• Data extract:

----------

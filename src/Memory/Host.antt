-- ===== src/Memory/Host.antt =====
-- include/nic/host_memory.h and src/simple_host_memory.cpp. Bytes, addresses and sizes are numbers;
-- the two callbacks are functions of their arguments, absent where the `std::function` is empty.
pub mod Laws
use smart_nic.Base.{
  ℕ, ◌-◌, Bool, true, false, Option, none, some, List, ltb, if◌then◌else◌, length, slice, splice,
}
use smart_nic.Base.{◌==◌, replicate}

pub data HostMemoryError : Type 0 where
  ok_none out_of_bounds iommu_fault fault_injected : HostMemoryError

pub record HostMemoryResult : Type 0 where
  pub error : HostMemoryError
  pub bytes_processed : ℕ

pub record HostMemoryConfig : Type 0 where
  pub size_bytes : ℕ
  pub page_size : ℕ
  pub iommu_enabled : Bool

pub record SimpleHostMemory : Type 0 where
  pub config : HostMemoryConfig
  pub translator : Option (ℕ → ℕ → Option ℕ)
  pub fault_injector : Option (ℕ → ℕ → Bool)
  pub buffer : List ℕ

-- The view's `data` pointer is the offset of its first byte in the buffer.
pub record HostMemoryView : Type 0 where
  pub offset : ℕ
  pub size : ℕ
  pub address : ℕ

pub data Translated : Type 0 where
  denied : HostMemoryError → Translated
  viewed : HostMemoryView → Translated

unfoldable pub is_ok : HostMemoryResult → Bool
is_ok r = elim r.error [ ok_none ↦ true | _ ↦ false ]

-- The constructor of `SimpleHostMemory`.
pub init : HostMemoryConfig → Option (ℕ → ℕ → Option ℕ) → Option (ℕ → ℕ → Bool) → SimpleHostMemory
init c t f = record {
  config = if c.page_size == 0 then record c { page_size = 4096 } else c;
  translator = t;
  fault_injector = f;
  buffer = replicate c.size_bytes 0;
}

unfoldable pub injects : Option (ℕ → ℕ → Bool) → ℕ → ℕ → Bool
injects none address size = false
injects (some f) address size = f address size

unfoldable pub mapped : Option (ℕ → ℕ → Option ℕ) → ℕ → ℕ → Option ℕ
mapped none address size = some address
mapped (some f) address size = f address size

-- The two tests on the mapped address; `size - offset` cannot wrap behind the first.
unfoldable pub in_buffer : ℕ → ℕ → ℕ → Translated
in_buffer total offset size =
    if ltb total offset
    then denied out_of_bounds
    else if ltb (total - offset) size
    then denied out_of_bounds
    else viewed (record { offset = offset; size = size; address = offset })

unfoldable pub map_bounds : ℕ → ℕ → Option ℕ → Translated
unfolding in_buffer
map_bounds total size none = denied iommu_fault
map_bounds total size (some offset) = in_buffer total offset size

unfoldable pub translate_view : SimpleHostMemory → ℕ → ℕ → Translated
unfolding injects mapped map_bounds
translate_view m address size =
    if injects m.fault_injector address size
    then denied fault_injected
    else map_bounds (length m.buffer) size (mapped m.translator address size)

unfoldable pub result : Translated → HostMemoryResult
result (denied e) = record { error = e; bytes_processed = 0 }
result (viewed v) = record { error = ok_none; bytes_processed = v.size }

pub read_view : SimpleHostMemory → Translated → List ℕ → HostMemoryResult × List ℕ
unfolding result
read_view m (denied e) out = (result (denied e), out)
read_view m (viewed v) out = (result (viewed v), splice out 0 (slice m.buffer v.offset v.size))

-- `out` is the caller's buffer before the call, the list in the answer the buffer after it.
unfoldable pub read : SimpleHostMemory → ℕ → List ℕ → HostMemoryResult × List ℕ
unfolding translate_view read_view
read m address out = read_view m (translate_view m address (length out)) out

unfoldable pub write_view :
    SimpleHostMemory → Translated → List ℕ → HostMemoryResult × SimpleHostMemory
unfolding result
write_view m (denied e) bytes = (result (denied e), m)
write_view m (viewed v) bytes =
    (result (viewed v), record m { buffer = splice m.buffer v.offset bytes })

unfoldable pub write : SimpleHostMemory → ℕ → List ℕ → HostMemoryResult × SimpleHostMemory
unfolding translate_view write_view
write m address bytes = write_view m (translate_view m address (length bytes)) bytes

----------

• Assignment:
Retype, exactly and in full, the lines above from the one containing "pub buffer : List ℕ" through the one containing "injects none address size = false".

• Expected answer:
  pub buffer : List ℕ

-- The view's `data` pointer is the offset of its first byte in the buffer.
pub record HostMemoryView : Type 0 where
  pub offset : ℕ
  pub size : ℕ
  pub address : ℕ

pub data Translated : Type 0 where
  denied : HostMemoryError → Translated
  viewed : HostMemoryView → Translated

unfoldable pub is_ok : HostMemoryResult → Bool
is_ok r = elim r.error [ ok_none ↦ true | _ ↦ false ]

-- The constructor of `SimpleHostMemory`.
pub init : HostMemoryConfig → Option (ℕ → ℕ → Option ℕ) → Option (ℕ → ℕ → Bool) → SimpleHostMemory
init c t f = record {
  config = if c.page_size == 0 then record c { page_size = 4096 } else c;
  translator = t;
  fault_injector = f;
  buffer = replicate c.size_bytes 0;
}

unfoldable pub injects : Option (ℕ → ℕ → Bool) → ℕ → ℕ → Bool
injects none address size = false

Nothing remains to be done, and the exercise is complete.